Avandia is an oral antidiabetic agent that is produced by the pharmaceutical company, GlaxoSmithKline (GSK). The Food and Drug Administration (FDA) first approved Avandia as an effective medication for Adults with type II diabetes in 1999. Known side effects of the drug include congestive heart failure, myocardial ischemic, heart attack, liver toxicity or failure, and stroke. In June 2001, the FDA requested that GSK stop distributing misleading informational material, which minimized the alleged risks of taking Avandia. Despite the FDA’s rising concern, by 2006, nearly 4 million Americans were taking the medication as treatment for type II diabetes. Then, in 2007, the FDA completed an eye-opening study, which stated that Avandia increased an individual’s risk of having a heart attack by 43%, and increased an individual’s risk of dying from general heart disease by 64%. It became clear that Avandia was not fulfilling its marketed role as an effective medication with little risk of serious side effects.
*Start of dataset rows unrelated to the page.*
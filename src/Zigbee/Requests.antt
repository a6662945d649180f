-- ===== src/Zigbee/Requests.antt =====
-- What a request of core_daemon/driver_cg_zigbee.c writes to the line, and what it makes of an answer.
use hsbsw.Prelude.{
  ℕ, ◌+◌, ◌*◌, ◌%◌, ◌^◌, ◌<◌, ◌≤◌, ◌≡◌, refl, sym, ap, ◌∙◌, arith, Bool, true, false, List, Option,
  none, some, ◌==◌, ltb, not, if◌then◌else◌, length,
}
use hsbsw.Codes.Error
use hsbsw.Device.Types.{Action}
use hsbsw.Network.Field.{Buf, get_u16, get_u32}
use hsbsw.Network.RoundTrip.{word16, word32}
use hsbsw.Zigbee.Bytes.{first_bytes, length-first_bytes, same_byte}
use hsbsw.Zigbee.{CzCtl, CzDev, CzBox, cz_find_by_id}
use hsbsw.Zigbee.Ops.{
  memcpy, post, finish, cz_result, cz_do_action, cz_check_result, exchange, action_frame,
  sample_set_action,
}
use hsbsw.Zigbee.Answers.{
  receive_all, latest, kept, received, chosen, receive_all-latest, receive_all-kept,
}

-- The box while a request waits that has posted `n` bytes.
abbrev pub waiting : Buf → ℕ → CzBox → CzBox
waiting w n b = record b {
  ctl = record (b.ctl) {
    is_waiting = true;
    send_buf = record (b.ctl.send_buf) {
      byte = λ i. if ltb i n then w.byte i else b.ctl.send_buf.byte i;
    };
    send_len = n;
  };
}

-- What an answer says about the request: `len` bytes, with the header.
abbrev pub verdict : Buf → ℕ → ℕ
verdict buf len =
    if not (buf.byte 12 + 256 * buf.byte 13 == cz_result)
    then Error.invalid_msg
    else if not (buf.byte 14 + 256 * buf.byte 15 + 12 == len)
    then Error.invalid_msg
    else if buf.byte 16 + 256 * buf.byte 17 == 0
    then Error.act_failed
    else Error.ok

post-some :
    (w : Buf) (n : ℕ) (b : CzBox)
    → n ≤ w.size
    → n ≤ b.ctl.send_buf.size
    → post w n (record (b.ctl) { is_waiting = true }) ≡ some (waiting w n b).ctl
unfolding post memcpy
post-some w n b h k = ground (arith, h, k)

cz_check_result-verdict :
    (c : CzCtl) (buf : Buf) (len : ℕ)
    → 18 ≤ len
    → 18 ≤ c.recv_buf.size
    → c.recv_len ≡ len
    → received c ≡ first_bytes len buf.byte
    → cz_check_result c ≡ some (verdict buf len)
unfolding cz_check_result get_u16
cz_check_result-verdict c buf len long room l e = ground (
  arith,
  room,
  l,
  b 12 (omega arith),
  b 13 (omega arith),
  b 14 (omega arith),
  b 15 (omega arith),
  b 16 (omega arith),
  b 17 (omega arith),
)
  where
    b : (i : ℕ) → i < 18 → c.recv_buf.byte i ≡ buf.byte i
    b i h = same_byte c.recv_len len c.recv_buf.byte buf.byte i e (omega arith) (omega arith)

-- An answer that has come in while the request waits is read as what it says.
exchange-verdict :
    (wait : CzBox → Bool × CzBox) (w : Buf) (n : ℕ) (b woken : CzBox) (fs : List (Buf × ℕ))
    (buf : Buf) (len : ℕ)
    → n ≤ w.size
    → n ≤ b.ctl.send_buf.size
    → 18 ≤ b.ctl.recv_buf.size
    → 18 ≤ len
    → 0 < b.ctl.trans_id
    → latest b.ctl.trans_id fs ≡ some (buf, len)
    → receive_all fs (waiting w n b) ≡ some woken
    → wait (waiting w n b) ≡ (false, woken)
    → exchange wait Error.others cz_check_result w n b ≡ some (verdict buf len, finish woken)
unfolding exchange
exchange-verdict wait w n b woken fs buf len room room' room'' long t l r e =
    rw (post-some w n b room room', e, checked) refl
  where
    same : received woken.ctl ≡ first_bytes len buf.byte
    same =
        receive_all-latest fs (waiting w n b) woken refl t r
        ∙ ap (chosen (received (waiting w n b).ctl)) l

    kept_ctl : kept woken.ctl ≡ kept (waiting w n b).ctl
    kept_ctl = receive_all-kept fs (waiting w n b) woken r

    checked : cz_check_result woken.ctl ≡ some (verdict buf len)
    checked =
        cz_check_result-verdict woken.ctl buf len long (omega (arith, ap (λ x. x.2) kept_ctl))
          (sym (length-first_bytes woken.ctl.recv_len woken.ctl.recv_buf.byte)
            ∙ ap length same
            ∙ length-first_bytes len buf.byte)
          same

action_frame-size :
    (stack : ℕ → ℕ) (act : Action) (pdev : CzDev) (t : ℕ) (w : Buf)
    → action_frame stack act pdev t ≡ some w
    → w.size ≡ 64
unfolding action_frame
action_frame-size stack act pdev t w a = sym (ap size_or a)
  where
    size_or : Option Buf → ℕ
    size_or none = 64
    size_or (some w) = w.size

-- A device and an action whose fields have values of their C types, and so has the transaction id.
pub record FitsFrame (act : Action) (pdev : CzDev) (t : ℕ) : Type 0 where
  pub short_addr : pdev.short_addr < 2 ^ 16
  pub end_point : pdev.end_point < 2 ^ 16
  pub trans_id : t < 2 ^ 16
  pub id : act.id < 2 ^ 16
  pub param1 : act.param1 < 2 ^ 16
  pub param2 : act.param2 < 2 ^ 32

-- For fields that fit their widths, the frame of an action is written without a fault, whatever the
-- stack held, and carries the magic number, its length, the address, the transaction id and the
-- action, where the layout of the protocol has them.
pub action_frame-fields :
    (stack : ℕ → ℕ) (act : Action) (pdev : CzDev) (t : ℕ)
    → FitsFrame act pdev t
    → (w : Buf) × (action_frame stack act pdev t ≡ some w)
      × (get_u16 w 0 ≡ some 0x55aa)
      × (get_u16 w 2 ≡ some 24)
      × (get_u16 w 6 ≡ some pdev.short_addr)
      × (get_u16 w 8 ≡ some pdev.end_point)
      × (get_u16 w 10 ≡ some t)
      × (get_u16 w 12 ≡ some cz_do_action)
      × (get_u16 w 14 ≡ some 12)
      × (get_u16 w 16 ≡ some act.id)
      × (get_u16 w 18 ≡ some act.param1)
      × (get_u32 w 20 ≡ some act.param2)
unfolding action_frame get_u16 get_u32
action_frame-fields stack act pdev t f = (
  _,
  refl,
  refl,
  refl,
  ap some (word16 pdev.short_addr f.short_addr),
  ap some (word16 pdev.end_point f.end_point),
  ap some (word16 t f.trans_id),
  refl,
  refl,
  ap some (word16 act.id f.id),
  ap some (word16 act.param1 f.param1),
  ap some (word32 act.param2 f.param2),
)

-- A request to a device that is in the list, with a transaction id other than 0, to which frames come
-- in while it waits: if the last of them with its id has at least 18 bytes, then its result is what
-- that frame says. Afterwards no request waits, the transaction id is the next one of 16 bits, and
-- all else is as the frames have left it.
pub sample_set_action-verdict :
    (stack : ℕ → ℕ) (wait : CzBox → Bool × CzBox) (act : Action) (b woken : CzBox) (pdev : CzDev)
    (w : Buf) (fs : List (Buf × ℕ)) (buf : Buf) (len : ℕ)
    → cz_find_by_id b.queue act.devid ≡ some pdev
    → action_frame stack act pdev b.ctl.trans_id ≡ some w
    → 24 ≤ b.ctl.send_buf.size
    → 18 ≤ b.ctl.recv_buf.size
    → 0 < b.ctl.trans_id
    → latest b.ctl.trans_id fs ≡ some (buf, len)
    → 18 ≤ len
    → receive_all fs (waiting w 24 b) ≡ some woken
    → wait (waiting w 24 b) ≡ (false, woken)
    → sample_set_action stack wait act b
      ≡ some (
        verdict buf len,
        record woken {
          ctl = record (woken.ctl) { is_waiting = false; trans_id = (b.ctl.trans_id + 1) % 2 ^ 16 };
        },
      )
unfolding sample_set_action
sample_set_action-verdict stack wait act b woken pdev w fs buf len d a room room' t l long r e =
    rw (sample_set_action, d, a)
      (exchange-verdict wait w 24 b woken fs buf len
        (omega (arith, action_frame-size stack act pdev b.ctl.trans_id w a)) room room' long t l r
        e)
    ∙ ap
        (λ (t : ℕ). some (
          verdict buf len,
          record woken {
            ctl = record (woken.ctl) { is_waiting = false; trans_id = (t + 1) % 2 ^ 16 };
          },
        ))
        (ap (λ x. x.1) (receive_all-kept fs (waiting w 24 b) woken r))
The label of prescription medications is supposed to give a comprehensive review of all the risks associated with taking a drug. GSK, however, failed to fully disclose information concerning the severe side effects linked to Avandia. In fact, GSK withheld information regarding a study they performed that highlighted the increased risk of heart attacks associated with Avandia. The company chose large profit margins over the well being of their consumer, and deserves to be held accountable for its irresponsible actions.